Work to complete
Everything in the listing must be repeated word for word.
::: Available data :::
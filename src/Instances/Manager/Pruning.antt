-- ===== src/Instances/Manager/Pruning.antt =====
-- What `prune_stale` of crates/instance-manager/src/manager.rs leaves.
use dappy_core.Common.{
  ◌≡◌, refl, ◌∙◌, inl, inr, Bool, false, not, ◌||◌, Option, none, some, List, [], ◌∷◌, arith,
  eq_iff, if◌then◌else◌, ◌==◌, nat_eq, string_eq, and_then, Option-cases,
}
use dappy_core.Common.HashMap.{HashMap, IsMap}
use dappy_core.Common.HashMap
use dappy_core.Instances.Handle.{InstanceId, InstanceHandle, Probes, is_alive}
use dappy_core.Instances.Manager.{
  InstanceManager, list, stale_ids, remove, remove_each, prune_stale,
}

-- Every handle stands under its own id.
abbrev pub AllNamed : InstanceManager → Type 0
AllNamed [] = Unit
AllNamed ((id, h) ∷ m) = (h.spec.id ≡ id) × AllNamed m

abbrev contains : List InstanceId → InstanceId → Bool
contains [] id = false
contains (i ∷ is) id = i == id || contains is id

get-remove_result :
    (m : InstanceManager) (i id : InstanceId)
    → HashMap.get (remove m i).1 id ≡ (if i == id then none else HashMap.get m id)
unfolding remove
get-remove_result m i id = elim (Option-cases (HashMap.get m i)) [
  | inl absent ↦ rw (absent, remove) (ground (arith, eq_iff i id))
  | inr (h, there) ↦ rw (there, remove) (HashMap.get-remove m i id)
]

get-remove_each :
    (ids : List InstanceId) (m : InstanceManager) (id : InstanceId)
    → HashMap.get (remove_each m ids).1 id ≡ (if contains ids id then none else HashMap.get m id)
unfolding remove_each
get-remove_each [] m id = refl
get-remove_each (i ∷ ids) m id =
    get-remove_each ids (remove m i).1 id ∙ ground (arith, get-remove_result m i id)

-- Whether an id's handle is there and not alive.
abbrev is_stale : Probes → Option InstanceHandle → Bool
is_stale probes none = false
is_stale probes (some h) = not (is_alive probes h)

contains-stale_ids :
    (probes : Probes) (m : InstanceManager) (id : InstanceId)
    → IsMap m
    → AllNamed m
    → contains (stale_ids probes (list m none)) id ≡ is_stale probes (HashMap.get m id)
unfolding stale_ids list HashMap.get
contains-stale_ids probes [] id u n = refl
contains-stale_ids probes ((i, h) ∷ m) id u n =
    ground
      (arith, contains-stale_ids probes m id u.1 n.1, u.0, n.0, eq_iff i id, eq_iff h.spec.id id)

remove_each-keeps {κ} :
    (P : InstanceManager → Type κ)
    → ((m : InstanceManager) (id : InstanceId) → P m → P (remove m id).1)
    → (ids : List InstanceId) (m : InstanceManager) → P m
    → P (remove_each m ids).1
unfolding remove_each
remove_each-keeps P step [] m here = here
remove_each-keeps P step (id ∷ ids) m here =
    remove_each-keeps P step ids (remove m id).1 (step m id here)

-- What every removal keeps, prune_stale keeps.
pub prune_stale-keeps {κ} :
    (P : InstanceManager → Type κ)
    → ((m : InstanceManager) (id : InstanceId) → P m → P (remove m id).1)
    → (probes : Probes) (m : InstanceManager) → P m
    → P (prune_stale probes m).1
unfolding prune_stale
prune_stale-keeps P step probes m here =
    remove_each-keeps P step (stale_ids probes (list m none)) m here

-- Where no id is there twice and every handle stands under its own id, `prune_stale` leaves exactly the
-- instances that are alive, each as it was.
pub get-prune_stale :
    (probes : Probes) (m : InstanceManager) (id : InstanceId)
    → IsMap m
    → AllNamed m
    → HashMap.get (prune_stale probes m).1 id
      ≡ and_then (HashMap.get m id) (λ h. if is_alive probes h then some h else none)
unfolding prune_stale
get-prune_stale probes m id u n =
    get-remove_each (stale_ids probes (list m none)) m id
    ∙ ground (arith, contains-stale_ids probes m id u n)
:::
Answer section
filename src/Instances/Manager/Pruning.antt
-- ===== src/Instances/Manager/Pruning.antt =====
-- What `prune_stale` of crates/instance-manager/src/manager.rs leaves.
use dappy_core.Common.{
  ◌≡◌, refl, ◌∙◌, inl, inr, Bool, false, not, ◌||◌, Option, none, some, List, [], ◌∷◌, arith,
  eq_iff, if◌then◌else◌, ◌==◌, nat_eq, string_eq, and_then, Option-cases,
}
use dappy_core.Common.HashMap.{HashMap, IsMap}
use dappy_core.Common.HashMap
use dappy_core.Instances.Handle.{InstanceId, InstanceHandle, Probes, is_alive}
use dappy_core.Instances.Manager.{
  InstanceManager, list, stale_ids, remove, remove_each, prune_stale,
}

-- Every handle stands under its own id.
abbrev pub AllNamed : InstanceManager → Type 0
AllNamed [] = Unit
AllNamed ((id, h) ∷ m) = (h.spec.id ≡ id) × AllNamed m

abbrev contains : List InstanceId → InstanceId → Bool
contains [] id = false
contains (i ∷ is) id = i == id || contains is id

get-remove_result :
    (m : InstanceManager) (i id : InstanceId)
    → HashMap.get (remove m i).1 id ≡ (if i == id then none else HashMap.get m id)
unfolding remove
get-remove_result m i id = elim (Option-cases (HashMap.get m i)) [
  | inl absent ↦ rw (absent, remove) (ground (arith, eq_iff i id))
  | inr (h, there) ↦ rw (there, remove) (HashMap.get-remove m i id)
]

get-remove_each :
    (ids : List InstanceId) (m : InstanceManager) (id : InstanceId)
    → HashMap.get (remove_each m ids).1 id ≡ (if contains ids id then none else HashMap.get m id)
unfolding remove_each
get-remove_each [] m id = refl
get-remove_each (i ∷ ids) m id =
    get-remove_each ids (remove m i).1 id ∙ ground (arith, get-remove_result m i id)

-- Whether an id's handle is there and not alive.
abbrev is_stale : Probes → Option InstanceHandle → Bool
is_stale probes none = false
is_stale probes (some h) = not (is_alive probes h)

contains-stale_ids :
    (probes : Probes) (m : InstanceManager) (id : InstanceId)
    → IsMap m
    → AllNamed m
    → contains (stale_ids probes (list m none)) id ≡ is_stale probes (HashMap.get m id)
unfolding stale_ids list HashMap.get
contains-stale_ids probes [] id u n = refl
contains-stale_ids probes ((i, h) ∷ m) id u n =
    ground
      (arith, contains-stale_ids probes m id u.1 n.1, u.0, n.0, eq_iff i id, eq_iff h.spec.id id)

remove_each-keeps {κ} :
    (P : InstanceManager → Type κ)
    → ((m : InstanceManager) (id : InstanceId) → P m → P (remove m id).1)
    → (ids : List InstanceId) (m : InstanceManager) → P m
    → P (remove_each m ids).1
unfolding remove_each
remove_each-keeps P step [] m here = here
remove_each-keeps P step (id ∷ ids) m here =
    remove_each-keeps P step ids (remove m id).1 (step m id here)

-- What every removal keeps, prune_stale keeps.
pub prune_stale-keeps {κ} :
    (P : InstanceManager → Type κ)
    → ((m : InstanceManager) (id : InstanceId) → P m → P (remove m id).1)
    → (probes : Probes) (m : InstanceManager) → P m
    → P (prune_stale probes m).1
unfolding prune_stale
prune_stale-keeps P step probes m here =
    remove_each-keeps P step (stale_ids probes (list m none)) m here

-- Where no id is there twice and every handle stands under its own id, `prune_stale` leaves exactly the
-- instances that are alive, each as it was.
pub get-prune_stale :
    (probes : Probes) (m : InstanceManager) (id : InstanceId)
    → IsMap m
    → AllNamed m
    → HashMap.get (prune_stale probes m).1 id
      ≡ and_then (HashMap.get m id) (λ h. if is_alive probes h then some h else none)
unfolding prune_stale
get-prune_stale probes m id u n =
    get-remove_each (stale_ids probes (list m none)) m id
    ∙ ground (arith, contains-stale_ids probes m id u n)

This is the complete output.